HA! I am lucky as my wife just graduated with a Masters in Accounting with a 4.0 GPA! She helps a ton of course and oversees all of my accounting and transactions. Every day she gives me great tips.


----------



## peteVA (Nov 11, 2007)

Ben, don't know how it is in the UK, but in the US there are a lot of bookkeepers and bookkeeping franchises that are much less expensive than accountants. Most are geared towards small businesses and are just as good at filing returns and doing payroll, if needed.

Nothing wrong with accountants, I've used them for decades. And there have been periods where they saved me more than they cost. But having a business with 25 or 30 employees and doing millions in sales is a different set of circumstances than many here are in.

So, there are many small business bookkeepers, many of them in the US are IRS "Enrolled Agents", which means they have taken and passed tests from the IRS proving their knowledge of the tax laws. 

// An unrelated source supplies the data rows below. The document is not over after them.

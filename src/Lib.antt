-- ===== src/Lib.antt =====
-- The task harness of src/vibe: a run goes through planning, execution, verification and
-- evaluation, and its tasks are given to workers. The model covers the parts that decide, in files
-- named for them.
--
-- Models is src/vibe/models.py. Models/Status and Models/Contracts hold its enumerations and value
-- types. Models/Transition is `transition_run` with the table ALLOWED_RUN_TRANSITIONS; its
-- children hold the abstract life of a run (Phases), the table read against it (Table, Moves), the
-- refinement and the histories of transitions (Traces). Models/Validation is `validate_run_state`:
-- Basic has the `_require_...` functions, Runtime the repository, controller and role records,
-- Tasks the tasks, Pending the dispatches and prepared markers, RunState the whole, Passed what
-- its single checks say, and Coherence what an accepted state means to `transition_run`.
-- Models/Manifest is `validate_attempt_manifest` with the prompt references. Models/Semantics is
-- `validate_bound_state_semantics`, the state against the manifests that it binds (Bound: what it
-- accepts), Models/Access reads values inside it, and Models/Gate is `goal_gate_satisfied`, which
-- raises TypeError here for histories that validation has excluded.
--
-- Scheduler is src/vibe/scheduler.py. Scheduler/Scopes has path scopes and resources,
-- Scheduler/Attempts the life of one task (`new_task_state`, `start_attempt`,
-- `bind_attempt_preflight`, `close_attempt`), Scheduler/Order `_topological_order`,
-- Scheduler/Dispatch `promote_ready` and `dispatchable`, Scheduler/Plan `validate_plan`.
-- Config/Commands is the command catalog of src/vibe/config.py. `dispatchable` reads the order,
-- the scopes and the statuses that the attempts write; `validate_plan` reads the scopes, the order
-- and the catalog.
--
-- Store is src/vibe/state_store.py: a run directory is its state and the texts of its artifacts,
-- and Store/Transactions is `StateStore.load`, `create` and `transact`, with what a reader sees
-- while a transaction writes (Atomic) and what a committed one has done (Committed). A callback of
-- `transact` is a function from the state and the references to the changed state. `state.json`
-- holds the state as a value, its text and the order of its keys are left out, the run lock is
-- held, and a file is written at once: temporary files, links, sizes and fsync are not in the
-- model. `append_log` adds a record to the list of the records of the log. Platform has the
-- functions of the standard library that the store calls.
--
-- Integrator is src/vibe/integrator.py. Its root module has the changes of the state that the
-- integration of a task makes (`bind`, `complete`, `pause`), Integrator/Preparation the manifest
-- and the marker that are written before the branch moves, Integrator/World the run directory
-- together with the repository and the calls that work on them, where an exception keeps what was
-- done before it, and Integrator/Protocol the compare-and-swap of the branch and `recover`. Git is
-- a parameter; GitLaws states what `git update-ref` with an old value documents. Protocol/Recovery
-- has the single steps, Prepared what `_persist_pending` leaves, Settled how a recovery ends,
-- Branch when it moves the branch, and Halted what it does to a run that is already paused.
--
-- Runners is src/vibe/runners/__init__.py, with the handle of src/vibe/providers/base.py: the
-- entries of the pending dispatches, and in Runners/Ledger what `DispatchLedger` does to them.
-- Owners is about a token that was closed. Retry is `retry_transient` up to the start of the new
-- provider, and Retry/Retried what it has done; Handover is about the owner of the Attempt and
-- Dispatches and Rotation about the dispatches that a retry changes. The body of the provider
-- request is an argument of the retry. A callback that accepts or closes an Attempt is a function
-- from the state, the dispatch and the references.
--
-- Json is the model of Python's JSON values: a dict is an association list, and integers are those
-- of Python. Prelude has what is shared: results, tests, text, the regular expressions,
-- PurePosixPath. An operation that changes a dict in place gives the new dict back, and an
-- exception gives none: what a failing call has already written is not in the model. `contract`
-- stands for ContractError with the literal words of its message, without the values that the
-- message prints.
--
-- The loop of the topological order has as many rounds as there are tasks, since every round takes
-- one task from the heap; `out_of_rounds` stands for a loop that does not end by then, and
-- Order/Fuel is about it, Order/Contents about what an order holds. Decimal numerals are written
-- with one round per unit of the number.
--
-- `datetime.fromisoformat` is a parameter `from_isoformat`: whether the time has an offset, and
-- its instant. The current time is an argument of `start_attempt`. Strings are native ones, which
-- have no surrogates, so the tests for surrogates are always false. A value that no dict key or
-- set can be, where Python would raise TypeError, is rejected by the test that comes before it.
--
-- Not modelled: the controller loop, the preparation of candidates by the integrator, worktrees
-- and git, verification runs, the prompt registry, the command line, the processes of providers,
-- the runners of the single roles and the migration of old states, which are processes and files
-- for the most part; the parsing of configuration files.
pub mod Prelude
pub mod Json
pub mod Models
pub mod Config
pub mod Scheduler
pub mod Store
pub mod Integrator
pub mod Runners
mod Tests
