-- ===== src/Config.antt =====
-- src/vibe/config.py
pub mod Commands
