-- ===== src/Prelude/Lists.antt =====
-- Lists measured by native numbers, their tests, and Python's ordered sets of strings.
use Prim.Native.Nat.{ℕ, suc, ◌+◌}
use Prim.Native.String.{String}
use mathlib.Core.Path.{◌≡◌, sym}
use mathlib.Core.Bool.{Bool, true, false, not, ◌&&◌, ◌||◌}
use mathlib.Core.Logic.{◌⊎◌, inl, inr}
use mathlib.Core.List.{List, [], ◌∷◌, ◌++◌}
use native.Mathlib.Omega.{arith}
use text.Mathlib.TextEquality.{eq_iff}
use text.Mathlib.TextPositions.{eq_refl}
use text.Mathlib.Text.{◌==◌}
use vibe_coding_harness.Prelude.Tests.{eqb, or-false_parts, Bool-cases, if◌then◌else◌}

module _ {ℓ} {A : Type ℓ} where
  abbrev pub length : List A → ℕ
  length [] = 0
  length (x ∷ xs) = suc (length xs)

  abbrev pub any : (A → Bool) → List A → Bool
  any p [] = false
  any p (x ∷ xs) = p x || any p xs

  abbrev pub all : (A → Bool) → List A → Bool
  all p [] = true
  all p (x ∷ xs) = p x && all p xs

  abbrev pub is_empty : List A → Bool
  is_empty [] = true
  is_empty (x ∷ xs) = false

  -- A predicate of every item, by recursion.
  abbrev pub All {κ} : (A → Type κ) → List A → Type κ
  All P [] = Unit
  All P (x ∷ xs) = P x × All P xs

  pub length-append : (xs ys : List A) → length (xs ++ ys) ≡ length xs + length ys
  length-append [] ys = omega arith
  length-append (x ∷ xs) ys = omega (arith, length-append xs ys)

-- Membership with its place, for the lists of records that the theorems range over.
module _ {A : Type 0} where
  abbrev pub In : A → List A → Type 0
  In a [] = ⊥
  In a (x ∷ xs) = (a ≡ x) ⊎ In a xs

-- `x in xs`
abbrev pub contains : String → List String → Bool
contains a [] = false
contains a (x ∷ xs) = x == a || contains a xs

-- `set(xs).issubset(ys)`
abbrev pub subset : List String → List String → Bool
subset xs ys = all (λ x. contains x ys) xs

-- `tuple(dict.fromkeys(xs))`: the first occurrence of each string, in order.
unfoldable pub distinct_from : List String → List String → List String
distinct_from seen [] = []
distinct_from seen (x ∷ xs) =
    let rest = distinct_from seen xs in
    let new = x ∷ distinct_from (x ∷ seen) xs in if contains x seen then rest else new

unfoldable pub from_keys : List String → List String
unfolding distinct_from
from_keys xs = distinct_from [] xs

-- `len(set(xs)) != len(xs)`
unfoldable pub has_duplicates : List String → Bool
unfolding from_keys
has_duplicates xs = not (eqb (length (from_keys xs)) (length xs))

module _ {A : Type 0} where
  pub any-false_of_In :
      (p : A → Bool) (xs : List A) (a : A) → any p xs ≡ false → In a xs → p a ≡ false
  any-false_of_In p [] a h m = elim m [ ]
  any-false_of_In p (x ∷ xs) a h (inl e) = rw e (or-false_parts (p x) (any p xs) h).0
  any-false_of_In p (x ∷ xs) a h (inr m) =
      any-false_of_In p xs a (or-false_parts (p x) (any p xs) h).1 m

-- The test `contains` and membership.
pub contains_of_In : (a : String) (xs : List String) → In a xs → contains a xs ≡ true
contains_of_In a [] m = elim m [ ]
contains_of_In a (x ∷ xs) (inl e) = rw (← e) (rw (eq_refl a))
contains_of_In a (x ∷ xs) (inr m) = ground (arith, contains_of_In a xs m)

pub In-contains : (a : String) (xs : List String) → contains a xs ≡ true → In a xs
In-contains a [] h = cc
In-contains a (x ∷ xs) h = elim (Bool-cases (x == a)) [
  | inl same ↦ inl (sym ((eq_iff x a).0 same))
  | inr other ↦ inr (In-contains a xs (rw other at h))
]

Whether using a franchised office, or an independent bookkeeper, many small businesses can get all the services they need at an affordable cost. Having a full-fledged accounting firm is generally only required when "audited" figures are required for bank loans or lines of credit.
.


----------



## COEDS (Oct 4, 2006)

I use a accountant and have been very happy doing so. My accountant has been worth the money, he knows all the deuctions and the best way to get the maximum refund. ...... JB


----------



## karlking85 (Sep 26, 2007)

It all depends on the individual, but in most cases I would suggest getting an accountant. Unless you are able to spend 40+ hours a week JUST researching the quick changes in tax law, and/or have a master's in Accounting, a good professional accountant can, and will, save you alot of money in alot of ways. 

I will agree with Pete 100% as well, the larger or more complex your business is, the more crucial it would be to hire an accountant. They can easily save you more than you would ever pay them over the course of a year. 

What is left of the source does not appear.